• What is needed: Look through the records below for the line with "unfolding union_keys contains has_key". Return that line and each one after it up to and including the line with "same ↦ rw same", exactly.
======== Provided records ========
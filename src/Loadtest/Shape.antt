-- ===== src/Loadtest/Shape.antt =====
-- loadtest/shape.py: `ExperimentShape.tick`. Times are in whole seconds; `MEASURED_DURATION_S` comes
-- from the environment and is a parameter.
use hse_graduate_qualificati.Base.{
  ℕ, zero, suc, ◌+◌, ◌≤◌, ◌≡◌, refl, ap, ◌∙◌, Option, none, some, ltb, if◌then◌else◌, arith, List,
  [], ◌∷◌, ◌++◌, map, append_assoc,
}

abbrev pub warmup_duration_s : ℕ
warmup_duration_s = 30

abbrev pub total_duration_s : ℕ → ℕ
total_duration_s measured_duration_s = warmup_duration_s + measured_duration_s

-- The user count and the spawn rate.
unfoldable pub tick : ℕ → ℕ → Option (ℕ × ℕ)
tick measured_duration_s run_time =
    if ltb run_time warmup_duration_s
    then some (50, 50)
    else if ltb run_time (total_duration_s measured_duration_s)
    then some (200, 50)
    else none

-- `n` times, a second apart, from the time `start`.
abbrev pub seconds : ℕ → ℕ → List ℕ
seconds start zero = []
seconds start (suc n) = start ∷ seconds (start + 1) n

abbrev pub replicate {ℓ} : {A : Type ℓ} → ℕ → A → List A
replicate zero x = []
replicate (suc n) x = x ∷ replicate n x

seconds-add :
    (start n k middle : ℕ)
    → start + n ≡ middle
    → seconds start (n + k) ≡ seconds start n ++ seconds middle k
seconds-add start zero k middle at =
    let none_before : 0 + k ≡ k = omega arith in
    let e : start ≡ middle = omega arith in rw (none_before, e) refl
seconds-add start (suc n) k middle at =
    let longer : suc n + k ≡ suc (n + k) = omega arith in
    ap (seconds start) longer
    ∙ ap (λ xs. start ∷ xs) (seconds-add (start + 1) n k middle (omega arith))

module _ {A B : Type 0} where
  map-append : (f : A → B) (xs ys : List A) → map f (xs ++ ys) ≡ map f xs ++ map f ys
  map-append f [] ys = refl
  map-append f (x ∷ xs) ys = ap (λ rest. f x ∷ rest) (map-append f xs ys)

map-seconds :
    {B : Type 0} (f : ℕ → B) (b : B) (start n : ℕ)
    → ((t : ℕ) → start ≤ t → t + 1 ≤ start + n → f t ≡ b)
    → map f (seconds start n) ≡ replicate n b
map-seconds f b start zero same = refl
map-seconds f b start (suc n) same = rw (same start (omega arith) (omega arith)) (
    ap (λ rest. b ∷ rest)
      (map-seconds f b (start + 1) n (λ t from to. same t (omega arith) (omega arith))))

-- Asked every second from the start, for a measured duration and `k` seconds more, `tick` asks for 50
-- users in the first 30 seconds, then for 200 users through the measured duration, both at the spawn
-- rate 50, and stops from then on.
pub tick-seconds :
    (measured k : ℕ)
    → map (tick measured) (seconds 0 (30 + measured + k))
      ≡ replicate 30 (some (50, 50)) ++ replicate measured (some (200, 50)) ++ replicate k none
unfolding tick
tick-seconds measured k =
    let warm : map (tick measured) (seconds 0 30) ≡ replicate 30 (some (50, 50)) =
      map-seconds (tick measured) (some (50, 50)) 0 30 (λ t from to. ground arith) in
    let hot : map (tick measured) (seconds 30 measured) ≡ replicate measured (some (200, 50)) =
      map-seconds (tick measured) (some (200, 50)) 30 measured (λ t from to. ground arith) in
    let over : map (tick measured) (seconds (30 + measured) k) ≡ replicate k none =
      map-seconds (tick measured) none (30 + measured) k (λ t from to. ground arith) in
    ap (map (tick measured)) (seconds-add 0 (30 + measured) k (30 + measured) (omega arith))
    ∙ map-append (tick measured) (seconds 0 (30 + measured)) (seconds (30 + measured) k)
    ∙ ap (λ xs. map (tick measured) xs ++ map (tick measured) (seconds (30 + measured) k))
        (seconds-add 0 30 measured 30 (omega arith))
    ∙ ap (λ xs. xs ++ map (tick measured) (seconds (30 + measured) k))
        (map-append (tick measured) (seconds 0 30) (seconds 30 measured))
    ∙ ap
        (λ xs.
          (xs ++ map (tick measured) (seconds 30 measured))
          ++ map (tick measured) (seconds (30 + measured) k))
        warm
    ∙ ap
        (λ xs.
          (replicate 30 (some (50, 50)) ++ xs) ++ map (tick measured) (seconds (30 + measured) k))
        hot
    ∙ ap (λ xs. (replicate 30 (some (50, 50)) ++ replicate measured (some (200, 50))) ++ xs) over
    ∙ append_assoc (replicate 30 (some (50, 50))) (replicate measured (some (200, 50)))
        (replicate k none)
========
======== Provided records ========
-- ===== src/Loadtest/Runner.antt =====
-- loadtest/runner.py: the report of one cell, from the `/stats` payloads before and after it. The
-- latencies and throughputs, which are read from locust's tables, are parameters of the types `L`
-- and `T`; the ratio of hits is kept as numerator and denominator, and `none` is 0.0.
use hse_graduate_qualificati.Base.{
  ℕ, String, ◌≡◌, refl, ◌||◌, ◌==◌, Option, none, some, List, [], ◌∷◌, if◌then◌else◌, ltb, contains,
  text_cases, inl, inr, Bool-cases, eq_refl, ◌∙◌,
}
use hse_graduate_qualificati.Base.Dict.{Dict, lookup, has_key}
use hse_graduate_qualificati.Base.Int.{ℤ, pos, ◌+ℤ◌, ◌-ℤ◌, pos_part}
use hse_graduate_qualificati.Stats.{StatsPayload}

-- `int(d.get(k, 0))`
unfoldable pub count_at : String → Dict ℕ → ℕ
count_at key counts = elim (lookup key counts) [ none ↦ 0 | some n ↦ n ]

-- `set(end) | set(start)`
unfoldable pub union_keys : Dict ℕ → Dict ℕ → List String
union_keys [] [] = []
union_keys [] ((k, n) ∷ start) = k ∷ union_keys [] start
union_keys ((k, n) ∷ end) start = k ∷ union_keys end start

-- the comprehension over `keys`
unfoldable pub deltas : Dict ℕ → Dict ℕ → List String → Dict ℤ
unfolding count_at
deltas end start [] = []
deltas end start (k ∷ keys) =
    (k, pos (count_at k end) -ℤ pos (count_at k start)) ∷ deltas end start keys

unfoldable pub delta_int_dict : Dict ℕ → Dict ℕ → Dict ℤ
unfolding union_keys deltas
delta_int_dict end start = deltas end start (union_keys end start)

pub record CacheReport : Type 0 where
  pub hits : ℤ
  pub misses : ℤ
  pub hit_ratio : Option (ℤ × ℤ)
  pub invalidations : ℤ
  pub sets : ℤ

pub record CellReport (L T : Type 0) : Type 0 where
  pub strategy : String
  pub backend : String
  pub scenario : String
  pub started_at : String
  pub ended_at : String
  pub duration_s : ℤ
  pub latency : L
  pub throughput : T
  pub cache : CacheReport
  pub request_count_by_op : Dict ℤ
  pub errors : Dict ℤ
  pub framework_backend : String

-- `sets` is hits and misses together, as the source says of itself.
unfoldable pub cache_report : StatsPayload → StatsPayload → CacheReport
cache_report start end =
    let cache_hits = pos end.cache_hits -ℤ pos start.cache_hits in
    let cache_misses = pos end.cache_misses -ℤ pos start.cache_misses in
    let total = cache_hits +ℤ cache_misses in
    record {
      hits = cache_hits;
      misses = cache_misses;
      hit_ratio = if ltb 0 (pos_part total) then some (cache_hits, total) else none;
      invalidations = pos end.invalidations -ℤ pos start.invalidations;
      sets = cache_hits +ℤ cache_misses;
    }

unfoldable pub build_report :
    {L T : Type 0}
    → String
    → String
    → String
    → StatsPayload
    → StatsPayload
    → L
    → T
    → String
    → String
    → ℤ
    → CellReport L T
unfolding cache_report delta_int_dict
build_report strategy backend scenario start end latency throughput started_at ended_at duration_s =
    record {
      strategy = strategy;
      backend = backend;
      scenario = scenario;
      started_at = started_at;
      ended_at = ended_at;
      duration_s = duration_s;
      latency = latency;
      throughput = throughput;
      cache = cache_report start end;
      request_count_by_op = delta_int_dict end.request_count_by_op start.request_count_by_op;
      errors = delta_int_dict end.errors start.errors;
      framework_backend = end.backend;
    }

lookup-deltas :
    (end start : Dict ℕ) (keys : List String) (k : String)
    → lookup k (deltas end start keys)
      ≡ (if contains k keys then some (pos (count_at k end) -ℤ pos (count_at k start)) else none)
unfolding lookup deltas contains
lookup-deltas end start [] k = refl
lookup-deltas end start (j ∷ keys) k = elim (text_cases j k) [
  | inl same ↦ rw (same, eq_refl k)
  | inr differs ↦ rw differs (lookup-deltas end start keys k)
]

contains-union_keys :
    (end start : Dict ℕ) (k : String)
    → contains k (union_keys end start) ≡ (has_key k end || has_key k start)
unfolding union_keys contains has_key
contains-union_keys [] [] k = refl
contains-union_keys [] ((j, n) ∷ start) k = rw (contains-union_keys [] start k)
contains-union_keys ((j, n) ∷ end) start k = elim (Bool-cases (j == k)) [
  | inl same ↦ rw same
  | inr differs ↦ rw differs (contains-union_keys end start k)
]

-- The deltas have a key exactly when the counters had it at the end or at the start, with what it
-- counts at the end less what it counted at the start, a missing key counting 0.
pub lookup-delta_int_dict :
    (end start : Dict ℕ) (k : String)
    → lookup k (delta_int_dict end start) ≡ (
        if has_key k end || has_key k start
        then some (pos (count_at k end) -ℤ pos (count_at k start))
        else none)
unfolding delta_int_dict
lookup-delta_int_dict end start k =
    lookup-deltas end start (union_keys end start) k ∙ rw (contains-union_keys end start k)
========
• Written answer:
unfolding union_keys contains has_key
contains-union_keys [] [] k = refl
contains-union_keys [] ((j, n) ∷ start) k = rw (contains-union_keys [] start k)
contains-union_keys ((j, n) ∷ end) start k = elim (Bool-cases (j == k)) [
  | inl same ↦ rw same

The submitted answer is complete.